Conservative Department, College of Dentistry, University of Sulaimani, Mesumeteran Street, Sulaymaniyah 46001, Iraq
Coatings 2022, 12(12), 1931;
Received: 11 November 2022 / Revised: 28 November 2022 / Accepted: 6 December 2022 / Published: 8 December 2022


Bonding failure between ceramic restoration and cement dramatically influences the success of resin-bonded ceramic restoration. This study evaluates the influence of various fitting surface treatments of 10% zirconia-reinforced lithium glass ceramic (ZLS) on its shear bonding strength to resin cement. Sixty blocks sized 8 × 8 × 2 mm3 were cut from a ZLS. All specimens were fired for 10 min and separated into six groups according to surface treatment: GI (Without treatment), GII (10% HF acid, Ultra Sound water bath US, and silane coupling agent S), GIII (HF, US, S, and bonding without light cure B1), GIV (HF, US, 37% phosphoric acid PA, US, S, B1), GV (HF, US, S, and bonding with light curing B2), VI (HF, US, PA, US, S, and B2). The treated specimens were cemented to a resin cement cylinder of 3.5 mm in diameter and 2 mm in height (Variolink, Esthetic. Neutral). A universal test machine was used to test the shear bond strength (SBS) and SEM for failure mode. The result indicated that applying a bonding agent on the prepared surface of ZLS without curing before cementation significantly increases the shear bond strength and affects the failure mode. In contrast, the application of PA does not influence bond strength.

1. Introduction

Patients increasingly desire improvement of esthetic teeth with minimally invasive treatment and a decrease in the time between treatment steps to help decrease sensitivity and exclude the need for temporary restorations [1,2]. These factors have encouraged dentists and researchers to introduce more retentive esthetic materials and processing methods. CAD/CAM tools have allowed dentists to simplify laboratory steps and shorten their duration from a few weeks to a single day. Meanwhile, glass-ceramic restorations have demonstrated high strength and bonding ability to tooth structures [1,3].
Various factors act on the bond strength of the glass-ceramic to the tooth structure, such as the luting cement, adhesive, fitting surface preparation, and cutting depth in the tooth structure [4,5,6]. Bonding of ceramic to the tooth substance is based on the adhesion of luting resin to the ceramic substrate on one side and enamel and dentin on the other, which requires a sequence of procedures.

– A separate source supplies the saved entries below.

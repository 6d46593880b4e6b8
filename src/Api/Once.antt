-- ===== src/Api/Once.antt =====
-- A refresh token is good for one request.
use hotel_crm.Prelude.{
  ℕ, ◌+◌, ◌≤◌, ◌≡◌, ◌≢◌, refl, sym, ◌∙◌, ap, subst, arith, String, none, List, ◌∷◌, All-of_at,
  All-at, str_eq_refl,
}
use hotel_crm.Platform.{Platform, World}
use hotel_crm.Platform.Moves.{Moves, >>=-Moves}
use hotel_crm.Platform.Results.{Outcome, ok, err, Action, pure, ◌>>=◌, >>=-ok}
use hotel_crm.Tenant.{tenant_of_header}
use hotel_crm.Auth.Guards.{Passport, activate, jwt_auth_guard, tenant_guard, permissions_guard}
use hotel_crm.Auth.Sessions.{TokenPair, refresh, renew}
use hotel_crm.Users.Types.{PublicUser}
use hotel_crm.Users.Repository.{find_by_id_in_tenant}
use hotel_crm.RefreshToken.Repository.{ConsumedRefreshToken, has_hash}
use hotel_crm.RefreshToken.Revoked.{AllRevoked}
use hotel_crm.RefreshToken.Service.{consume, hash}
use hotel_crm.RefreshToken.Effects.{token_rows}
use hotel_crm.RefreshToken.Unique.{Unique}
use hotel_crm.RefreshToken.Consume.{consume-IsUse}
use hotel_crm.Http.Envelope.{Payload, SuccessResponse, plain, intercept}
use hotel_crm.Http.Errors.{ErrorResponse, catch}
use hotel_crm.Api.Routes.{refresh_session, route_of}
use hotel_crm.Api.Handlers.{Value, Pipes, handle, pair}
use hotel_crm.Api.Pipeline.{Incoming, Reply, success, failure, serve, respond, reply}
use hotel_crm.Api.Guarded.{request_id_lem}
use hotel_crm.Api.Tokens.{consume-Moves}
use hotel_crm.Api.Logins.{renew-Moves, find_by_id_in_tenant-Moves}
use hotel_crm.Api.Moved.{request_id_of-Moves, reply-Moves}
use hotel_crm.Api.Ended.{IsUnrepeated, Ended, StaysEnded, StaysEnded-Covers, StaysEnded-order}
use hotel_crm.Api.Kept.{served-Unique}
use hotel_crm.Api.Served.{Call, tenant_of, served, served-moved}

module _ {U T R K D : Type 0} (p : Platform U T R K) (passport : Passport p.jwt)
    (pipes : Pipes K D) where
  abbrev refreshed : K → Action (World U T R) (Payload (Value K) PublicUser)
  refreshed raw = refresh p raw >>= λ tokens. pure (plain (pair tokens))

  module _ (incoming : Incoming K D) (raw : K)
      (e : pipes.token_body incoming.content ≡ ok raw) where
    serve_refresh_lem :
        (w : World U T R)
        → serve p passport pipes refresh_session incoming w
          ≡ refreshed raw (record w { reads = w.reads + 1 })
    unfolding serve activate jwt_auth_guard tenant_guard permissions_guard route_of handle
    serve_refresh_lem w = rw e refl

  -- What `refresh` does after the token is consumed.
  abbrev rest : ConsumedRefreshToken → Action (World U T R) (TokenPair K)
  rest c = find_by_id_in_tenant p c.user_id c.tenant_id >>= renew p c

  consumed-ok :
      (raw : K) (a : Payload (Value K) PublicUser) (w w' : World U T R)
      → refreshed raw w ≡ (ok a, w')
      → (c : ConsumedRefreshToken) × (v : World U T R) × (consume p raw w ≡ (ok c, v))
        × (w' ≡ (rest c v).1)
  unfolding refresh
  consumed-ok raw a w w' h =
      let (tokens, u, f, g) = >>=-ok (refresh p raw) _ w w' a h in
      let (c, v, k, l) = >>=-ok (consume p raw) rest w u tokens f in
      (c, v, k, sym (ap (λ o. o.1) l ∙ ap (λ o. o.1) g))

  -- After a successful refresh no row with the hash of its token is live, if no token repeats it.
  refreshed-Ended :
      (raw : K) (a : Payload (Value K) PublicUser) (w w' : World U T R)
      → Unique (token_rows p w)
      → IsUnrepeated p (hash p raw) w
      → refreshed raw w ≡ (ok a, w')
      → Ended p (hash p raw) w'
  refreshed-Ended raw a w w' u f h =
      let covers = StaysEnded-Covers p (hash p raw) none in
      let (c, v, k, same) = consumed-ok raw a w w' h in
      let (at, first) = consume-IsUse p raw w v c u k in
      let drawn : w.drawn ≤ v.drawn =
        subst (λ o. w.drawn ≤ o.1.drawn) k ((consume-Moves p covers raw).moved w).0 in
      let later : Moves (StaysEnded p (hash p raw)) (rest c) =
        >>=-Moves covers.order (find_by_id_in_tenant-Moves p covers c.user_id c.tenant_id)
          (renew-Moves p covers c) in
      rw same (
        (later.moved v).1 (λ subject n at l. f subject n at (omega (arith, l, drawn)))
          first.revoked)

  -- A token whose rows are revoked is refused.
  refreshed-refused :
      (raw : K) (a : Payload (Value K) PublicUser) (w w' : World U T R)
      → Unique (token_rows p w)
      → Ended p (hash p raw) w
      → refreshed raw w ≢ (ok a, w')
  refreshed-refused raw a w w' u d h =
      let (c, v, k, same) = consumed-ok raw a w w' h in
      let (at, first) = consume-IsUse p raw w v c u k in
      ground
        (arith, All-at _ _ d first.listed, first.hashed, first.was_live, str_eq_refl (hash p raw))

  abbrev answered :
      String
      → Outcome (Payload (Value K) PublicUser) × World U T R
      → Outcome (Reply K) × World U T R
  answered = respond p passport pipes refresh_session

  answered-tokens :
      (id : String) (o : Outcome (Payload (Value K) PublicUser) × World U T R)
      → (answered id o).1.tokens ≡ o.1.tokens
  unfolding respond intercept catch
  answered-tokens id (ok a, w) = refl
  answered-tokens id (err x, w) = refl

  answered-success :
      (id : String) (o : Outcome (Payload (Value K) PublicUser) × World U T R) (status : ℕ)
      (header : String) (r : SuccessResponse (Value K) PublicUser)
      → (answered id o).0 ≡ ok (success status header r)
      → (a : Payload (Value K) PublicUser) × (o ≡ (ok a, o.1))
  unfolding respond intercept catch
  answered-success id (ok a, w) status header r h = (a, refl)
  answered-success id (err x, w) status header r h = absurd (ground arith)

  answered-failure :
      (id : String) (o : Outcome (Payload (Value K) PublicUser) × World U T R)
      → ((a : Payload (Value K) PublicUser) → o ≢ (ok a, o.1))
      → (f : ErrorResponse) × ((answered id o).0 ≡ ok (failure f))
  unfolding respond intercept catch
  answered-failure id (ok a, w) h = absurd (h a refl)
  answered-failure id (err x, w) h = (_, refl)

  module _ (incoming : Incoming K D) (raw : K)
      (e : pipes.token_body incoming.content ≡ ok raw) where
    -- The request as an answer to what `refresh` does.
    reply_refresh_lem :
        (w : World U T R)
        → (id : String) × (v : World U T R) × (reply p passport pipes refresh_session incoming w
            ≡ answered id (refreshed raw v))
          × (v.tokens ≡ w.tokens)
          × (w.drawn ≤ v.drawn)
    unfolding reply
    reply_refresh_lem w =
        let (id, v, f, (_, tokens, _), _, _) =
          request_id_lem p passport pipes incoming.request_id w in
        let covers = StaysEnded-Covers p (hash p raw) (tenant_of_header incoming.tenant_id) in
        let moved =
          (request_id_of-Moves p passport pipes refresh_session incoming covers
              incoming.request_id).moved
            w in
        (
          id,
          record v { reads = v.reads + 1 },
          rw (f, serve_refresh_lem incoming raw e v) refl,
          tokens,
          subst (λ o. w.drawn ≤ o.1.drawn) f moved.0,
        )

    -- After a refresh that succeeds the rows with the hash of the token are revoked, if no token
    -- repeats it.
    reply-Ended :
        (w : World U T R) (status : ℕ) (header : String) (r : SuccessResponse (Value K) PublicUser)
        → Unique (token_rows p w)
        → IsUnrepeated p (hash p raw) w
        → (reply p passport pipes refresh_session incoming w).0 ≡ ok (success status header r)
        → Ended p (hash p raw) (reply p passport pipes refresh_session incoming w).1
    reply-Ended w status header r u f h =
        let (id, v, g, tokens, drawn) = reply_refresh_lem w in
        let (a, k) =
          answered-success id (refreshed raw v) status header r (sym (ap (λ o. o.0) g) ∙ h) in
        let ended =
          refreshed-Ended raw a v (refreshed raw v).1
            (subst (λ t. Unique (p.tokens.rows t)) (sym tokens) u)
            (λ subject n at l. f subject n at (omega (arith, l, drawn))) k in
        rw g (
          subst (λ t. AllRevoked (has_hash (hash p raw)) (p.tokens.rows t))
            (sym (answered-tokens id (refreshed raw v))) ended)

    -- A refresh is refused where the rows with the hash of the token are revoked.
    pub reply-refused :
        (w : World U T R)
        → Unique (token_rows p w)
        → Ended p (hash p raw) w
        → (f : ErrorResponse) × ((reply p passport pipes refresh_session incoming w).0
            ≡ ok (failure f))
    reply-refused w u d =
        let (id, v, g, tokens, drawn) = reply_refresh_lem w in
        rw g (
          answered-failure id (refreshed raw v) λ a.
            refreshed-refused raw a v (refreshed raw v).1
              (subst (λ t. Unique (p.tokens.rows t)) (sym tokens) u)
              (subst (λ t. Ended p (hash p raw) (record w { tokens = t })) (sym tokens) d))

  -- The rows with a hash that are revoked stay so over requests.
  pub served-Ended :
      (h : String) (calls : List (Call K D)) (w : World U T R)
      → IsUnrepeated p h w
      → Ended p h w
      → Ended p h (served p passport pipes calls w)
  served-Ended h calls w f d =
      (served-moved p passport pipes calls w (StaysEnded-order p h)
          (All-of_at _ _ λ call m. StaysEnded-Covers p h (tenant_of call))).1
        f d

  -- A refresh token that a request has exchanged is refused to every later request, whatever
  -- requests come between, if the rows had unique ids and hashes and no refresh token that is signed
  -- later has its hash.
  pub refresh_once :
      (first second : Incoming K D) (raw : K) (calls : List (Call K D)) (w : World U T R)
      (status : ℕ) (header : String) (r : SuccessResponse (Value K) PublicUser)
      → pipes.token_body first.content ≡ ok raw
      → pipes.token_body second.content ≡ ok raw
      → Unique (token_rows p w)
      → IsUnrepeated p (hash p raw) w
      → (reply p passport pipes refresh_session first w).0 ≡ ok (success status header r)
      → (f : ErrorResponse) × ((reply p passport pipes refresh_session second
            (served p passport pipes calls (reply p passport pipes refresh_session first w).1)).0
          ≡ ok (failure f))
  unfolding served
  refresh_once first second raw calls w status header r e g u f h =
      let call : Call K D = record { endpoint = refresh_session; incoming = first } in
      let v = (reply p passport pipes refresh_session first w).1 in
      let drawn =
        ((reply-Moves p passport pipes refresh_session first
            (StaysEnded-Covers p (hash p raw) (tenant_of call))).moved
          w).0 in
      reply-refused second raw g (served p passport pipes calls v)
        (served-Unique p passport pipes (call ∷ calls) w u)
        (served-Ended (hash p raw) calls v
          (λ subject n at l. f subject n at (omega (arith, l, drawn)))
          (reply-Ended first raw e w status header r u f h))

The procedure starts with the preparation of the fitting surface of the glass-ceramic with hydrofluoric acid (HF) and the application of a silane (S) coupling agent, followed by the tooth surface preparation with 37% phosphoric acid, bonding application. Finally, resin cement is applied, and the glass-ceramic restoration is fitted under controlled pressure. The first step of this process is selectively dissolving the glassy matrix of ceramic by etching with hydrofluoric acid, followed by colonization [4]. Because HF is a weak acid, the hydrogen fluoride in the water is not entirely ionized. Its conjugate base, the fluoride ion, can re-associate to form HF in solutions with low pH [7] Energy Dispersive X-ray Spectroscopy (EDS) analyses of etched porcelain surfaces with HF acid show that precipitates such as Na, K, Ca, and Al remain on the surface after acid application [8]. Eliminating excess acid and acid precipitates from prepared porcelain surfaces enhances their bonding strength to resin cement [5] In addition to HF etching to glass-ceramic to improve the bond strength to resin cement, different available surface treatments have been investigated, such as roughening with burs, air-particle abrasion with aluminum oxide, laser, and etching with acids [9,10]. Cleaning the HF-etched ceramic surface ultrasonically (US) in distilled water has increased the shear bond strength compared with rinsing it with air-water spray only or using alcohol or acetone [5]. A study that attempted to neutralize the HF precipitate found that this seemed to reduce the bond strength between the dentin and glass-ceramic [11].
Meanwhile, a 1070 nm fiber laser can be considered a suitable device to increase the adhesion of lithium disilicate ceramics when optimum parameters are considered [9]. A study of the influence of the active and passive application of phosphoric acid (PA) on the SBS of lithium disilicate to resin cement indicated that the active application of 37% PA after 9.6% HA increases the micro shear bond strength [12]. In addition, silane application followed by laser treatment as a combination surface treatment was feasible and efficacious for chairside porcelain repair [10]. ZLS, especially the fine-grained form, has been found to have some properties and indications comparable to lithium disilicate-based ceramics. ZLS ceramics have been recently used as materials for hot press and CAD/CAM techniques. Fully crystallized glass ceramic Celtra Duo, DeguDent GmbH/Germany (ZLS), according to the manufacturing company, is mainly composed of 58% silica, lithium metasilicate, disilicate, and phosphate crystals, and 10% zirconia crystals in addition to other minor oxides and ingredients that can be cemented directly after milling with simple polishing and with or without heating for 10 min help to decrease treatment time [13,14]. Due to its composition, ZLS offers a combination of excellent optical properties and high fracture strength above 350 MPa [10,15,16]. The surface treatment methods of glass ceramics are paramount for proper adhesion [17,18]. Preceding studies investigated the bonding strength with full-ceramic restorations by changing the surface properties of ceramic materials. Although comparative studies showed the advantages of various types of surface-conditioning methods on different ceramics surface treatments, there is no consensus in the literature regarding the best surface-conditioning method to produce optimal bond strengths [8,9,12,19,20,21,22]. Therefore the objectives of this study were to evaluate the effects of the adhesive application with light curing and without light curing on the etched and slanted (ZLS) glass-ceramic on SBS and the mode of failure of the resin cement. The following hypotheses were tested: (a) application of bonding agent to the slanted surface (ZLS) and light curing increases bond strength; (b) 37% phosphoric acid application and ultrasonic cleaning of the (ZLS) glass-ceramic after HF etching have more effect than cleaning with air-water spray on enhancing bond strength.

2. Materials and Methods

Materials used in this study and samples grouped according to ceramic fitting surface treatment were listed in Table 1 and Table 2.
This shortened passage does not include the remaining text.